Wrapping Up + (Two!) New Project Previews
7 days ago
– Sun, May 31, 2026 at 01:30:13 PM
Venerators,
A small, almost-final wave went out last week, bringing this Kickstarter to inches from its end.
If you completed your survey and paid for shipping, I have shipped your rewards.
A thousand thank-yous to everyone who backed the campaign, read these updates, and generally stayed with me from what turned out to be a barely-started manuscript to a printed, now delivered book. It was a very long haul, but I'm proud of the outcome and happy to have connected with you all, so I expect to do this all again soon (implementing a few critical lessons, of course).
Staying in Touch
If you've read and/or played with your books and have thoughts, or if you just wanna be pals, please don't hesitate to connect with me through one of the following:
New Project Previews
I'm working on no fewer than three followup projects already (because I have more ideas than sense and also loathe myself), and I want you guys to see those previews first.
Let's do that here, right now, for two of those three projects. Please note that both of these are very WIP, and I have no idea which we'll finish first.
The Aphelion
First up is The Aphelion, or what we're calling an "All-Wizards TTRPG" with...
- Open-ended, West Marches-style campaigns
- Magical scholarship as character progression
- Time-stopped metaphysical combat
The basic player fantasy here is that the world is old, but civilization is new, and as an order of magi you're the first to seek, codify, and weild its secrets. We're talking magic as naturalism here, which is to say hyper-rationality in our mysticism and fantastical academic discourse as gameplay progression.
Imagine if the Bene Gesserit fought like Dr. Strange, with encounters playing out like counterspell wars in Magic: the Gathering; or if the maesters in A Song of Ice & Fire left The Citadel to adventure on their own, returning to assert how crystal caves or waterfalls impact theoretical math.
A simple ashcan edition is likely how we'll likely start.
Tile-Based Analog Game Console (Untitled)
This year I made a small, solo map-drawing game called Kill the Wizard in the vein of Twelve Years and MIRU, and in doing so I realized that I don't actually want to draw. Months later, at a local art market, a vendor put a lightweight, laser-etched wooden tile in my hand as a "business card," and I realized "Oooooh this is a board game."
Now Laura Lang (Sewer Sanctuary) and I are developing a game-agnostic fantasy tileset that would support any number of games—basically an analog RPG console.
EM|NCD could continuously release games for this as little A6 (SANCTUM-sized) booklets that utilize the same base tiles (occassionally introducing new ones). You'd randomly draw these tiles from a cloth bag and place them on a grid-painted cloth during play, tracking gameplay values with dice on little A6 worksheet cards (like the Pilgrimage one that came with Shrines), and pack it all back up into a box when you're done.
Using tiles lets us explore materiality for textured, tactile play, radically reduces friction and cognitive load for the player, and unlocks cool design space like eraser-free state changes (flipping tiles) and weighted probability ("Start play with X Forest tiles in your bag, swapping up to Y for Desolation tiles to increase difficulty").
Here's a closer look at some of the "Feature" coins that might sit atop "Terrain" hexes:
Here's how Kill the Wizard looked when I drew the board by hand:
Notice how distinguishing content types via color enhanced readability. The tiles will need their own solution for that, which I expect to find while fabricating prototypes (color adds manufacturing cost, so we're trying other ideas first).

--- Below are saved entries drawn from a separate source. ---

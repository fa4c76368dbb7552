-- ===== src/Chain/Verify.antt =====
-- `verifyTransaction` of src/kernel/blockchain.cpp. Its result is a pair: whether the transaction is
-- valid, and whether its sender is to be banned. A fee below half of `getTransactionFee`, which the
-- source compares as floating point numbers, is compared doubled.
pub mod Value
pub mod Skipped
pub mod Signed
pub mod Hollow
pub mod Scalar
mod Tests
use crypto_kernel.Prelude.{
  ℕ, ◌+◌, ◌-◌, ◌*◌, ◌%◌, ◌≡◌, Bool, true, false, not, ◌&&◌, ◌||◌, Option, none, some, List, [], ◌∷◌,
  length, ltb, ◌==◌, if◌then◌else◌,
}
use crypto_kernel.Env.{Env}
use crypto_kernel.OrderedMap.{Map, lookup, contains}
use crypto_kernel.Outcome.{Outcome, ok, ◌>>=◌, or_throws}
use crypto_kernel.Types.{Input, Output, contract_name}
use crypto_kernel.Types.Stored.{DbOutput}
use crypto_kernel.Types.Transaction.{Transaction, u64, get_output_set_id}
use crypto_kernel.Chain.{Tables, Rules, get_output_or_throw, get_transaction_fee, output_total}
use crypto_kernel.Chain.Spend.{
  Flow, go_on, leave, refuse, check_schnorr, check_merkle_root, check_key,
}
use crypto_kernel.Chain.Aggregate.{check_aggregates}

abbrev pub Verdict : Type 0
Verdict = Bool × Bool

-- A check runs only if the one before it went on.
abbrev pub and_then : Flow → Outcome Flow → Outcome Flow
and_then go_on next = next
and_then leave next = ok leave
and_then (refuse ban) next = ok (refuse ban)

module _ (env : Env) (rules : Rules env) (tables : Tables env) (tx : Transaction env) where
  open env.json use {Json, member, empty, as_text}

  -- Where the loop over the inputs stands: the value spent so far, and the outputs that an aggregate
  -- signature must yet cover.
  pub record Round : Type 0 where
    pub flow : Flow
    pub total : ℕ
    pub maybe : Map (DbOutput env)

  -- The second and third check of a spent output, after the first one ended with `flow`.
  check_locks : Input env → DbOutput env → ℕ → Flow → Outcome Flow
  check_locks inp out output_hash flow =
      and_then flow (check_merkle_root env rules tables tx inp out output_hash) >>= λ f.
      and_then f (check_key env rules tables tx inp out output_hash)

  -- The body of the loop, for an output that is unspent
  pub check_spend : Input env → DbOutput env → ℕ → ℕ → Map (DbOutput env) → Outcome Round
  unfolding check_locks
  check_spend inp out output_hash total maybe =
      check_schnorr env rules tables tx inp out output_hash maybe >>= λ r.
      check_locks inp out output_hash r.0 >>= λ flow.
      ok (record { flow = flow; total = (total + out.output.value) % u64; maybe = r.1 })

  -- The body of the loop
  pub check_input : Input env → ℕ → ℕ → Map (DbOutput env) → Outcome Round
  unfolding check_spend
  check_input inp output_hash total maybe = elim (lookup inp.output_id tables.utxos) [
    | none ↦ ok (record { flow = refuse false; total = total; maybe = maybe })
    | some out ↦ check_spend inp out output_hash total maybe
  ]

  pub check_inputs : List (Input env) → ℕ → ℕ → Map (DbOutput env) → Outcome Round
  unfolding check_input
  check_inputs [] output_hash total maybe =
      ok (record { flow = go_on; total = total; maybe = maybe })
  check_inputs (inp ∷ inps) output_hash total maybe =
      check_input inp output_hash total maybe >>= λ r. elim r.flow [
        | go_on ↦ check_inputs inps output_hash r.total r.maybe
        | leave ↦ ok r
        | refuse ban ↦ ok r
      ]

  -- Whether the first loop finds one of the outputs in the tables.
  pub outputs_exist : List (Output env) → Bool
  outputs_exist [] = false
  outputs_exist (out ∷ outs) =
      contains out.id tables.utxos || contains out.id tables.stxos || outputs_exist outs

  -- `ContractRunner::evaluateValid`
  pub evaluate_valid : List (Input env) → Outcome Bool
  evaluate_valid [] = ok true
  evaluate_valid (inp ∷ inps) = get_output_or_throw env inp.output_id tables.utxos >>= λ out.
      if empty (member out.output.content contract_name)
      then evaluate_valid inps
      else (or_throws (as_text (member out.output.content contract_name)) >>= λ script.
          or_throws (rules.evaluate_script tables tx inp script) >>= λ valid.
          if valid then evaluate_valid inps else ok false)

  -- The last checks: contracts, and the rules of the consensus method.
  pub check_rules : Outcome Verdict
  unfolding evaluate_valid
  check_rules = evaluate_valid tx.inputs >>= λ valid.
      ok (if valid && rules.verifies_transaction tables tx then (true, false) else (false, true))

  -- The totals, for a transaction that is no coinbase
  pub check_totals : Bool → ℕ → Outcome Verdict
  unfolding check_rules
  check_totals coinbase total =
      let made = output_total env 0 tx.outputs in
      if not coinbase && (ltb total made || ltb ((total - made) * 2) (get_transaction_fee env tx))
      then ok (false, true)
      else check_rules

  -- What follows the loop over the inputs.
  pub finish : Bool → ℕ → Round → Outcome Verdict
  unfolding check_totals
  finish coinbase output_hash r = check_aggregates env tx.inputs output_hash r.maybe >>= λ covered.
      elim covered [
        | none ↦ ok (false, true)
        | some uncovered ↦
            if length uncovered == 0 then check_totals coinbase r.total else ok (false, true)
      ]

  -- What is returned after the loop, unless it returned already.
  pub after_inputs : Bool → ℕ → Round → Outcome Verdict
  unfolding finish
  after_inputs coinbase output_hash r = elim r.flow [
    | refuse ban ↦ ok (false, ban)
    | go_on ↦ finish coinbase output_hash r
    | leave ↦ finish coinbase output_hash r
  ]

  -- The checks of a transaction that is new
  pub check_new : Bool → Outcome Verdict
  unfolding check_inputs after_inputs
  check_new coinbase = get_output_set_id env tx.outputs >>= λ output_hash.
      check_inputs tx.inputs output_hash 0 [] >>= after_inputs coinbase output_hash

  -- `verifyTransaction(dbTransaction, tx, coinbaseTx)`
  unfoldable pub verify_transaction : Bool → Outcome Verdict
  unfolding outputs_exist check_new
  verify_transaction coinbase =
      if contains tx.id tables.transactions || outputs_exist tx.outputs
      then ok (false, false)
      else check_new coinbase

I'd love to ship this as a boxed starter set, including the tiles, a cloth bag, a grid-painted cloth playmat for the board, and ~3 games as A6 booklets with their worksheet cards and any special tiles they involve.
Continuously supporting this with new games sounds super realistic, rewarding, and long-term.
Incomplete Surveys
Anyway, closing out with Shrines again, BackerKit tells me that a full 35 of you have not completed your survey for shipping, shirt sizing, and/or add-ons—and an additional 3 used cards that no longer work—which means I can't ship any of those rewards!
Eventually I'll start tracking down these 38 backers individually, but I would love to not do that, so if you're among them please complete your survey so I can ship you what you're owed.